* [DESCRIPTION OF THE TASK] Work through the entries that follow and state how many lines contain the word "strtok". Only the number is wanted.

(Beginning of AVAILABLE RECORDS)

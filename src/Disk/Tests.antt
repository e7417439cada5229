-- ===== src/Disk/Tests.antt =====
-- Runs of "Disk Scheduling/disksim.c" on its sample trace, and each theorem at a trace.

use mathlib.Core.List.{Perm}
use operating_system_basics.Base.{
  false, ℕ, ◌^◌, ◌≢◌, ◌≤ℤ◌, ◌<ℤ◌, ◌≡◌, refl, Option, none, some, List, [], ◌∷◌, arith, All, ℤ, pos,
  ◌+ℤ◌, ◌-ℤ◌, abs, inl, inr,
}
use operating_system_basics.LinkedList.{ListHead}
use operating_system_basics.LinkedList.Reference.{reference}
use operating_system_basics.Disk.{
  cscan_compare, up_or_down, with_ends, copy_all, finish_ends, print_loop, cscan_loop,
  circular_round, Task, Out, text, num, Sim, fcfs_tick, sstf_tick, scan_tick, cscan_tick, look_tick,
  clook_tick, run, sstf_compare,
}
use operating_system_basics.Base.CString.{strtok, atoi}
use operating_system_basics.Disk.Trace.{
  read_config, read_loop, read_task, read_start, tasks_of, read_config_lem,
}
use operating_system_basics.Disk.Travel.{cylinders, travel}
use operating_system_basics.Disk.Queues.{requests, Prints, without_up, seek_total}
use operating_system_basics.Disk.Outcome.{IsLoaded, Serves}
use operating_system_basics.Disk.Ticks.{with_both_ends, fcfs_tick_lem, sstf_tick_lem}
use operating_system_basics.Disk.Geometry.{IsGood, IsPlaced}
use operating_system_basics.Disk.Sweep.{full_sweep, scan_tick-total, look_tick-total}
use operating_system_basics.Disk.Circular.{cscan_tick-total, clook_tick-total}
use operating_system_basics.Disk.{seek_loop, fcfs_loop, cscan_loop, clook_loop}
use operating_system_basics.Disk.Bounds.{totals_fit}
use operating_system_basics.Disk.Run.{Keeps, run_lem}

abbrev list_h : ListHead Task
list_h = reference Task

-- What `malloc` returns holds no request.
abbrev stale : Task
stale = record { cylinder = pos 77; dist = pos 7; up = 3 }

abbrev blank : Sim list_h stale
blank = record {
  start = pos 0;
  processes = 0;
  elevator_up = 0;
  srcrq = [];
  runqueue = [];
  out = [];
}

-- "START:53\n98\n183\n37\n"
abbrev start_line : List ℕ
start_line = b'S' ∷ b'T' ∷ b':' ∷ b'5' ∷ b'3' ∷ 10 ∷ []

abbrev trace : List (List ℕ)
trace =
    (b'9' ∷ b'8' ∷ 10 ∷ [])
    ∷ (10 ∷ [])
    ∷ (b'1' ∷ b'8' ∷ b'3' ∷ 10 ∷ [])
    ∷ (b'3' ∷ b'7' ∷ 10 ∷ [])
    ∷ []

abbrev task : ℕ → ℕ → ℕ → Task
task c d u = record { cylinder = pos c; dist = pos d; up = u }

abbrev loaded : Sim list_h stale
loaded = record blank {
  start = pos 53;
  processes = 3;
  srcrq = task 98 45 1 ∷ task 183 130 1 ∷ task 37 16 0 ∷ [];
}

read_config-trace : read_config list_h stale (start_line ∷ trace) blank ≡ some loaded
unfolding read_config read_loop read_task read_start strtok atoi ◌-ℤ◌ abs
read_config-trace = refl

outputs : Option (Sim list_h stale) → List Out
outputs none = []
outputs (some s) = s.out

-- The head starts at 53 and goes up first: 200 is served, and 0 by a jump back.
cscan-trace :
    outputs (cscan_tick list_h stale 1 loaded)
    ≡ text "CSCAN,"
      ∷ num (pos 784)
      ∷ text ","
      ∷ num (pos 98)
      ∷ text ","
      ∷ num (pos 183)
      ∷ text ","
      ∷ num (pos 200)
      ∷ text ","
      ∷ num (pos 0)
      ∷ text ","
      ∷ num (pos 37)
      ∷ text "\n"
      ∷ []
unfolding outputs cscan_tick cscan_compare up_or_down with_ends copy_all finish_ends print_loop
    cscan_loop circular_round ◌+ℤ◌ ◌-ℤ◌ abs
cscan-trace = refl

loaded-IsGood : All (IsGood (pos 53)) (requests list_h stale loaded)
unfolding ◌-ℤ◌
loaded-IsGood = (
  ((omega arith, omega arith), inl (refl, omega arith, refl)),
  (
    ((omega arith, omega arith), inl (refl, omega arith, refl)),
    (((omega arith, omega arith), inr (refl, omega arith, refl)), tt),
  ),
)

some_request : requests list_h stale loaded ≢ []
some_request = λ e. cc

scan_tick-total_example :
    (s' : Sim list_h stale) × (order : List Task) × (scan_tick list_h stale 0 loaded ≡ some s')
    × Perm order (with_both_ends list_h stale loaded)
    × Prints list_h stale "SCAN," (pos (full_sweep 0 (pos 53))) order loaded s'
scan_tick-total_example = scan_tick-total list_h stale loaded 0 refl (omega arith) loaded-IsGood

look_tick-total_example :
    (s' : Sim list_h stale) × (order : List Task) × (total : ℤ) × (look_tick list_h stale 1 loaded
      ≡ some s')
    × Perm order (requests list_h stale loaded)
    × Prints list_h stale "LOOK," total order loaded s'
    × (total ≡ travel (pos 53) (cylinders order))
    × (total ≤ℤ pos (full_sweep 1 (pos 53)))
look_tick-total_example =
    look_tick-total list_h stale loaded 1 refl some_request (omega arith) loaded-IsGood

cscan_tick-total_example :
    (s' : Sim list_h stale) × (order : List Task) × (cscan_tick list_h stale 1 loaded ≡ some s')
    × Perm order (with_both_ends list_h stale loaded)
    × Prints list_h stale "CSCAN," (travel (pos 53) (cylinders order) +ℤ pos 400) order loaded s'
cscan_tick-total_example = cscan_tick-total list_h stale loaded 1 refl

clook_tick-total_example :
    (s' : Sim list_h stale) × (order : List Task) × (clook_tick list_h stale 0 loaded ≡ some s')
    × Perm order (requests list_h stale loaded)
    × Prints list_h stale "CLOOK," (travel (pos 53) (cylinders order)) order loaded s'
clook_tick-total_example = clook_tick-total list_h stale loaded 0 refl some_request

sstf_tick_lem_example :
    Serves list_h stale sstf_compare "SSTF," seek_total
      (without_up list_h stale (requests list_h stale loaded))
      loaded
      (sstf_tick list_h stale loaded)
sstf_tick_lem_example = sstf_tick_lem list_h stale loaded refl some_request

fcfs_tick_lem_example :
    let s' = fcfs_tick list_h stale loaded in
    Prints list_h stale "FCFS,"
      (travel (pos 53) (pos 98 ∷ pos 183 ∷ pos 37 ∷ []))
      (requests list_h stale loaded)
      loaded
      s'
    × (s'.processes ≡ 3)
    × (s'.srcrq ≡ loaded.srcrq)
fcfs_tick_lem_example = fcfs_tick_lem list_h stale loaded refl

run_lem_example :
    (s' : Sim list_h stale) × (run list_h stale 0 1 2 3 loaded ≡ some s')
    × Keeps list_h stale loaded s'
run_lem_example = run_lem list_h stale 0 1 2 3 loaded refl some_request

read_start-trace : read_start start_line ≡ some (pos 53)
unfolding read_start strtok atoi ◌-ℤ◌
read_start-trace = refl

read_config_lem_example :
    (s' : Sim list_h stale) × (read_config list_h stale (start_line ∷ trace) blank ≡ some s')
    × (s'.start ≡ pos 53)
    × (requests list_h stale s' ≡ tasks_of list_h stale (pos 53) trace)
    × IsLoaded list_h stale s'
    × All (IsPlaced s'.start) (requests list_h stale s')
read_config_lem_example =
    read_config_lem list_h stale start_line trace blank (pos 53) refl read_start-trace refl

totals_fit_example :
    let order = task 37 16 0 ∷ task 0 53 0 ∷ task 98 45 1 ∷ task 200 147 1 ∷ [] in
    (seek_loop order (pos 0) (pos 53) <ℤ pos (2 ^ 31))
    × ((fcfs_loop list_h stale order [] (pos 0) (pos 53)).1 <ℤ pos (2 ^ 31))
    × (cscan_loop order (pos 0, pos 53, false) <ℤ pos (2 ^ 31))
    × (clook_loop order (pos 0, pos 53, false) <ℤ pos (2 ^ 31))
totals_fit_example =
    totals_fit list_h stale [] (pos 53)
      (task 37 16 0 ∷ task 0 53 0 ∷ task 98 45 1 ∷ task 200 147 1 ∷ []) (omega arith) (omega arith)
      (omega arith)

(End of AVAILABLE RECORDS)

* [EXERCISE SOLUTION] 3